Un jour, le téléphone sonne: «Hi, this is Stevie Wonder.» Il croit à une blague et raccroche. Wonder rappelle, il raccroche encore. Pourquoi une superstar l’appellerait en personne? Le musicien devra lui jouer l’introduction de Superstition pour le convaincre. Le guitariste a 18 ans lorsque son aîné l’emmène en tournée en première partie des Rolling Stones – ce n’est que plus tard qu’il réalisera vraiment ce qui lui est arrivé. Il se rappelle quand même que les groupies de Marvin Gaye hurlaient plus fort que celles du gang à Mick Jagger.

Dépossédé puis sacré

Peu à peu, il s’impose comme arrangeur, producteur et compositeur. Jouer au côté de Stevie Wonder, c’est faire partie d’une famille. Et on ne quitte pas sa famille. Mais il a d’autres ambitions, veut quitter New York – où il vit désormais – pour tenter sa chance du côté de Los Angeles, le royaume des musiciens de studio, les hired gun, ces mercenaires payés à la journée. Y allant au culot, affirmant à qui veut l’entendre qu’il est le meilleur guitariste du monde, Ray Parker Jr. se retrouve dans le même studio que Barry White. Entendant le chanteur travailler sur un nouveau morceau, il l’interrompt et lui dit qu’il a une idée pour une partie rythmique. White est convaincu et les deux musiciens cosignent You See the Trouble with Me. Parker a 22 ans, et tout semble lui réussir. Mais il apprendra que le business musical, c’est aussi la jungle.
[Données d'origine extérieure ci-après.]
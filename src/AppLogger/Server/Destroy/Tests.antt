-- ===== src/AppLogger/Server/Destroy/Tests.antt =====
-- A server with socket 6, file 7 and the epoll descriptor 5 that is destroyed.
use libnebula.Prelude.{
  ℕ, ◌≡◌, refl, Bool, true, false, ◌||◌, Option, none, some, [], ◌∷◌, ◌==◌, if◌then◌else◌, arith,
}
use libnebula.Prelude.Int.{pos}
use libnebula.AsyncEvent.{AsyncEvent}
use libnebula.AppLogger.LogFile.{Files}
use libnebula.AppLogger.Server.{LogServer, get_instance}
use libnebula.AppLogger.Server.Serve.{State}
use libnebula.AppLogger.Server.Destroy.{
  Ending, spins, null_pointer, returns, destroy_instance, Closes, holds, holds_file,
  destroy_instance_lem,
}

-- Which descriptors are open.
abbrev World : Type 0
World = ℕ → Bool

abbrev files : Files World
files = record {
  format_time = λ w f. (f, w);
  mkstemp = λ w t. (none, t, w);
  open_tty = λ w. (none, w);
  write = λ w fd m. (none, w);
  fsync = λ w fd. w;
  close = λ w fd n. if n == fd then false else w n;
}

files-Closes : Closes files (λ w path. w) (λ w. w)
files-Closes = record {
  closed = λ v fd n. refl;
  fsync_keeps = λ v fd n. refl;
  unlink_keeps = λ v path n. refl;
}

abbrev server : ℕ → LogServer
server flag = record {
  domain_fd = pos 6;
  path = 47 ∷ 116 ∷ [];
  file = record {
    log_file = [];
    format = [];
    fd = pos 7;
    num_write = 3;
    max_write = 0;
    path_len = 4;
  };
  ready = 0;
  stop = flag;
}

abbrev some_open : World
some_open n = n == 6 || n == 7 || n == 5 || n == 2

abbrev loop : AsyncEvent
loop = record {
  stopped = true;
  epoll_fd = pos 5;
  fd_table_size = 0;
  num_monitored = 0;
  num_ready = 0;
  ready = [];
  fds = [];
  time_events = [];
  size_time_events = pos 0;
  used_time_events = 0;
  last_time_event_id = 0;
}

abbrev ends_with_loop : LogServer → World → State World
ends_with_loop s w = (loop, (s, w))

abbrev end_of : Bool → Option LogServer → Ending World
end_of created there =
    destroy_instance files (λ w path. w) 9 (server 0) created (λ i. 0) ends_with_loop there
      some_open

destroy_instance_lem_example :
    (v2 : World) × (end_of true (some (server 0)) ≡ returns none v2)
    × ((n : ℕ)
        → v2 n ≡ (
            if holds (pos 6) n || holds (pos 5) n || holds_file (pos 7) n
            then false
            else some_open n))
    × (end_of false none ≡ null_pointer)
    × (get_instance 9 false true (λ i. 0) ≡ none → end_of true none ≡ spins)
destroy_instance_lem_example =
    destroy_instance_lem files (λ w path. w) (λ w. w) files-Closes 9 (server 0) (server 0) true
      (λ i. 0) ends_with_loop some_open (omega arith)
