-- ===== src/AppLogger/Server/Halt.antt =====
-- The event loop of the server, and how it comes to its end.
use mathlib.Core.Bool.{true≢false}
use libnebula.Prelude.{
  ℕ, suc, ◌+◌, ◌≤◌, ◌<◌, ◌≡◌, refl, ap, ◌∙◌, Bool, true, false, ◌&&◌, not, some, List, [], ◌∷◌,
  arith, ◌==◌, if◌then◌else◌, length, get_or, set, All, zero-bit_and, bit_and, bit_or, ◌≢◌,
}
use libnebula.Prelude.Int.{ℤ, pos}
use libnebula.AsyncEvent.{TimeEvent, no_event, Fired, AsyncEvent, System, info_at}
use libnebula.AsyncEvent.Fds.{stop}
use libnebula.AsyncEvent.Timers.{
  finished, event_at, take_out, nearest_time_event, time_loop, process_time_events,
}
use libnebula.AsyncEvent.Dispatch.{
  io_mask, guess_of, settle, wait_time, handle_fired, handle_all, process_fd_events, ready_loop,
  process_ready_fds, turn, goes_on, event_loop,
}
use libnebula.Thread.{get_stop_flag}
use libnebula.AppLogger.{err}
use libnebula.AppLogger.Server.{
  is_ready, Note, LogServer, Calls, noted, clear_ready, check_stop_flag, recv_domain_socket_message,
}
use libnebula.AppLogger.Server.Serve.{recv_proc, check_proc}

-- What the loop of `routine` is between two turns: it has the timer of the check alone, and nothing
-- is left to read from what fired before.
pub record IsServing (s : AsyncEvent) (e : TimeEvent) (rest : List TimeEvent) : Type 0 where
  pub running : s.stopped ≡ false
  pub no_ready : s.num_ready ≡ 0
  pub one_timer : s.used_time_events ≡ 1
  pub timer : s.time_events ≡ e ∷ rest
  pub checks : e.proc ≡ check_proc
  pub quiet : (fd : ℕ) → (info_at s fd).already_fired ≡ 0

-- The events that are reported are for the socket of the server.
abbrev ForServer : AsyncEvent → Fired → Type 0
ForServer s f = ((info_at s f.fd).proc ≡ recv_proc) × ((info_at s f.fd).proc_exp ≡ 0)

module _ {V : Type 0} (calls : Calls V) (sys : System (LogServer × V)) where
  -- The callbacks are the two of the server.
  pub record Linked : Type 0 where
    pub receives :
        (fd mask arg : ℕ) (s : AsyncEvent) (w : LogServer × V)
        → (n : ℕ) × (w' : LogServer × V) × (recv_domain_socket_message calls n w ≡ some w')
          × (sys.call_fd recv_proc fd mask arg s w ≡ (0, s, w'))
    pub checks_flag :
        (id arg : ℕ) (s : AsyncEvent) (w : LogServer × V) (r : ℕ × AsyncEvent × (LogServer × V))
        → check_stop_flag calls s w ≡ some r
        → sys.call_time check_proc id arg s w ≡ r

  module _ (linked : Linked) where
    settle-quiet :
        (fd events : ℕ) (s : AsyncEvent)
        → (info_at s fd).already_fired ≡ 0
        → settle fd events 0 s ≡ s
    unfolding settle
    settle-quiet fd events s q =
        let info = info_at s fd in
        let none_left : guess_of 0 info ≡ 0 =
          ap (λ k. bit_and (bit_or 0 k) info.monitored) q ∙ zero-bit_and info.monitored in
        ground (arith, none_left)

    if-same :
        (b c : Bool) (x y z : AsyncEvent × (LogServer × V)) (s : AsyncEvent)
        → b ≡ false
        → y.0 ≡ s
        → z.0 ≡ s
        → (if b then x else if c then y else z).0 ≡ s
    if-same true c x y z s b p q = absurd (true≢false b)
    if-same false true x y z s b p q = p
    if-same false false x y z s b p q = q

    handle_fired-same :
        (f : Fired) (s : AsyncEvent) (w : LogServer × V)
        → ForServer s f
        → (info_at s f.fd).already_fired ≡ 0
        → (handle_fired sys f s w).0 ≡ s
    unfolding handle_fired
    handle_fired-same f s w (p, no_exp) q =
        let info = info_at s f.fd in
        let (n, w', received, e) = linked.receives f.fd (io_mask f) info.arg s w in
        let call : sys.call_fd info.proc f.fd (io_mask f) info.arg s w ≡ (0, s, w') =
          ap (λ k. sys.call_fd k f.fd (io_mask f) info.arg s w) p ∙ e in
        let same : (f.trouble && not (info.proc_exp == 0)) ≡ false = ground arith in
        if-same _ _ _ _ _ s same
          (ap (λ r. settle f.fd (io_mask f) r.0 r.1) call ∙ settle-quiet f.fd (io_mask f) s q) refl

    handle_all-same :
        (fs : List Fired) (s : AsyncEvent) (w : LogServer × V)
        → All (ForServer s) fs
        → ((fd : ℕ) → (info_at s fd).already_fired ≡ 0)
        → (handle_all sys fs s w).0 ≡ s
    unfolding handle_all
    handle_all-same [] s w a q = refl
    handle_all-same (f ∷ fs) s w (a, others) q =
        let kept = handle_fired-same f s w a (q f.fd) in
        ap (λ t. (handle_all sys fs t (handle_fired sys f s w).1).0) kept
        ∙ handle_all-same fs s (handle_fired sys f s w).1 others q

    time_loop_gone :
        (fuel now last processed : ℕ) (s s' : AsyncEvent) (w w' : LogServer × V)
        → (let e = event_at s 0 in sys.call_time e.proc e.id e.arg s w ≡ (0, s', w'))
        → 0 < s.used_time_events
        → (event_at s 0).when ≤ now
        → s'.used_time_events ≡ suc last
        → time_loop sys (suc fuel) now 0 processed s w
          ≡ time_loop sys fuel now 0 (processed + 1) (take_out s' 0 last) w'
    unfolding time_loop
    time_loop_gone fuel now last processed s s' w w' call some_left due count =
        ground (arith, ap (λ r. r.0) call, ap (λ r. r.1) call, ap (λ r. r.2) call)

    time_loop_done :
        (fuel now processed : ℕ) (s : AsyncEvent) (w : LogServer × V)
        → s.used_time_events ≡ 0
        → time_loop sys (suc fuel) now 0 processed s w ≡ finished (processed, s, w)
    unfolding time_loop
    time_loop_done fuel now processed s w z = ground arith

    -- The timer is due, and the flag is set.
    time_loop-stops :
        (fuel now : ℕ) (s : AsyncEvent) (e : TimeEvent) (rest : List TimeEvent)
        (w w' : LogServer × V)
        → IsServing s e rest
        → e.when ≤ now
        → check_stop_flag calls s w ≡ some (0, stop s, w')
        → time_loop sys (suc (suc fuel)) now 0 0 s w ≡ finished (1, take_out (stop s) 0 0, w')
    unfolding time_loop stop
    time_loop-stops fuel now s e rest w w' i due c =
        let e0 : event_at s 0 ≡ e = ap (λ l. get_or l 0 no_event) i.timer in
        let call : sys.call_time (event_at s 0).proc (event_at s 0).id (event_at s 0).arg s w
            ≡ (0, stop s, w') =
          ap (λ k. sys.call_time k (event_at s 0).id (event_at s 0).arg s w)
            (ap (λ x. x.proc) e0 ∙ i.checks)
          ∙ linked.checks_flag (event_at s 0).id (event_at s 0).arg s w (0, stop s, w') c in
        let when0 = ap (λ x. x.when) e0 in
        time_loop_gone (suc fuel) now 0 0 s (stop s) w w' call (omega (arith, i.one_timer))
          (omega (arith, when0, due)) i.one_timer
        ∙ time_loop_done fuel now 1 (take_out (stop s) 0 0) w' refl

    ready_loop-idle :
        (fuel : ℕ) (s : AsyncEvent) (w : LogServer × V)
        → s.num_ready ≡ 0
        → process_ready_fds sys (suc fuel) s w ≡ finished (0, s, w)
    unfolding process_ready_fds ready_loop
    ready_loop-idle fuel s w z = ground arith

    process_fd_events-same :
        (timeout : ℤ) (fs : List Fired) (s : AsyncEvent) (w w2 : LogServer × V)
        → sys.epoll_wait w timeout ≡ (some fs, w2)
        → (handle_all sys fs s w2).0 ≡ s
        → process_fd_events sys timeout s w ≡ (pos (length fs), s, (handle_all sys fs s w2).1)
    unfolding process_fd_events
    process_fd_events-same timeout fs s w w2 e kept =
        rw (ap (λ r. r.0) e, process_fd_events)
          (ap (λ v. (pos (length fs), (handle_all sys fs s v).0, (handle_all sys fs s v).1))
              (ap (λ r. r.1) e)
            ∙ ap (λ t. (pos (length fs), t, (handle_all sys fs s w2).1)) kept)

    goes_on-timer :
        (s : AsyncEvent) → s.stopped ≡ false → s.used_time_events ≡ 1 → goes_on sys s ≡ true
    goes_on-timer s running one = ground arith

    turn_steps :
        (fuel k : ℕ) (s s4 : AsyncEvent) (w w3 w4 : LogServer × V) (nr : ℤ)
        → s.num_ready ≡ 0
        → (let (ms, w2) = nearest_time_event sys s w in
            process_fd_events sys (wait_time ms s.num_ready) s w2 ≡ (nr, s, w3))
        → process_time_events sys (suc fuel) s w3 ≡ finished (k, s4, w4)
        → turn sys (suc fuel) s w ≡ finished (s4, w4)
    unfolding turn
    turn_steps fuel k s s4 w w3 w4 nr z polled timed =
        rw (ready_loop-idle fuel s w z, turn)
          (rw (ap (λ r. process_time_events sys (suc fuel) r.1 r.2) polled ∙ timed) refl)

    check_stop_flag-stops :
        (s : AsyncEvent) (w w' : LogServer × V)
        → get_stop_flag w.0.stop ≢ 0
        → noted calls err Note.stopping w ≡ some w'
        → check_stop_flag calls s w ≡ some (0, stop s, (clear_ready w'.0, w'.1))
    unfolding check_stop_flag
    check_stop_flag-stops s w w' set e =
        let set' : (get_stop_flag w.0.stop == 0) ≡ false = ground arith in
        rw (set', check_stop_flag) (rw e refl)

    event_loop-last :
        (turns fuel : ℕ) (s s' : AsyncEvent) (w w' : LogServer × V)
        → goes_on sys s ≡ true
        → turn sys fuel s w ≡ finished (s', w')
        → goes_on sys s' ≡ false
        → event_loop sys (suc (suc turns)) fuel s w ≡ finished (s', w')
    unfolding event_loop
    event_loop-last turns fuel s s' w w' go e halt =
        rw (go, event_loop) (rw e (rw (halt, event_loop) refl))

    -- Between two turns of the server's loop, with its timer alone and nothing pending, a turn in
    -- which the timer is due and the stop flag found set ends the loop, whatever datagrams for the
    -- server it brings: the message is written, the timer gone, and the server no longer ready.
    pub stop-Halts :
        (turns fuel now : ℕ) (s : AsyncEvent) (e : TimeEvent) (rest : List TimeEvent)
        (fs : List Fired) (w w2 w4 w5 : LogServer × V)
        → IsServing s e rest
        → (let (ms, w1) = nearest_time_event sys s w in
            sys.epoll_wait w1 (wait_time ms s.num_ready) ≡ (some fs, w2))
        → All (ForServer s) fs
        → sys.now (handle_all sys fs s w2).1 ≡ (now, w4)
        → e.when ≤ now
        → get_stop_flag w4.0.stop ≢ 0
        → noted calls err Note.stopping w4 ≡ some w5
        → (event_loop sys (suc (suc turns)) (suc (suc fuel)) s w
            ≡ finished (take_out (stop s) 0 0, (clear_ready w5.0, w5.1)))
          × (is_ready (clear_ready w5.0).ready ≡ false)
    unfolding stop clear_ready process_fd_events process_time_events
    stop-Halts turns fuel now s e rest fs w w2 w4 w5 i polled mine clock due set noted5 =
        let ms = (nearest_time_event sys s w).0 in
        let w1 = (nearest_time_event sys s w).1 in
        let w3 = (handle_all sys fs s w2).1 in
        let w' : LogServer × V = (clear_ready w5.0, w5.1) in
        let kept = handle_all-same fs s w2 mine i.quiet in
        let read : process_fd_events sys (wait_time ms s.num_ready) s w1
            ≡ (pos (length fs), s, w3) =
          process_fd_events-same (wait_time ms s.num_ready) fs s w1 w2 polled kept in
        let timed : process_time_events sys (suc (suc fuel)) s w3
            ≡ finished (1, take_out (stop s) 0 0, w') =
          ap (λ r. time_loop sys (suc (suc fuel)) r.0 0 0 s r.1) clock
          ∙ time_loop-stops fuel now s e rest w4 w' i due
              (check_stop_flag-stops s w4 w5 set noted5) in
        let some_timer : goes_on sys s ≡ true = goes_on-timer s i.running i.one_timer in
        (
          event_loop-last turns (suc (suc fuel)) s _ w w' some_timer
              (turn_steps (suc fuel) 1 s _ w w3 w' (pos (length fs)) i.no_ready read timed) refl,
          ground arith,
        )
La même année, en 1976, il écrit You Make Me Feel Like Dancing, qui sera finalement enregistré par Leo Sayer. A sa grande surprise, il n’est pas crédité. Lorsque le morceau recevra le Grammy Award de la meilleure chanson, il se sentira dépossédé, et décidera de ne jamais plus se laisser avoir. Deux ans plus tard, devenu membre du groupe Raydio, il compose Jack and Jill et savoure un succès qui est enfin le sien. Son jeu de guitare funky devient une marque, tout le monde veut travailler avec lui. Lorsque Herbie Hancock l’appelle, il lui fait une démonstration de virtuosité jazz. «Mais ce n’est pas ce que je te demande, je te veux pour ton groove», lui dit le pianiste.

En 1980, Raydio devient Ray Parker Jr. and Raydio. Puis naturellement, le guitariste et désormais chanteur se lance en solo, enregistrant deux albums avant que Ghostbusters ne décroche la timbale. Mais n’oubliant pas d’où il vient, il mettra au début des années 1990 sa carrière entre parenthèses afin de s’occuper de ses parents, malades. C’est finalement au sein des Crusaders de Joe Sample qu’on le retrouvera, notamment au Montreux Jazz 2003, six ans avant un concert solo. Et le voilà espérer revenir dès que possible sur les bords du Léman – face à un Mathieu Jaton qui n’en demande pas tant – avec Herbie Hancock.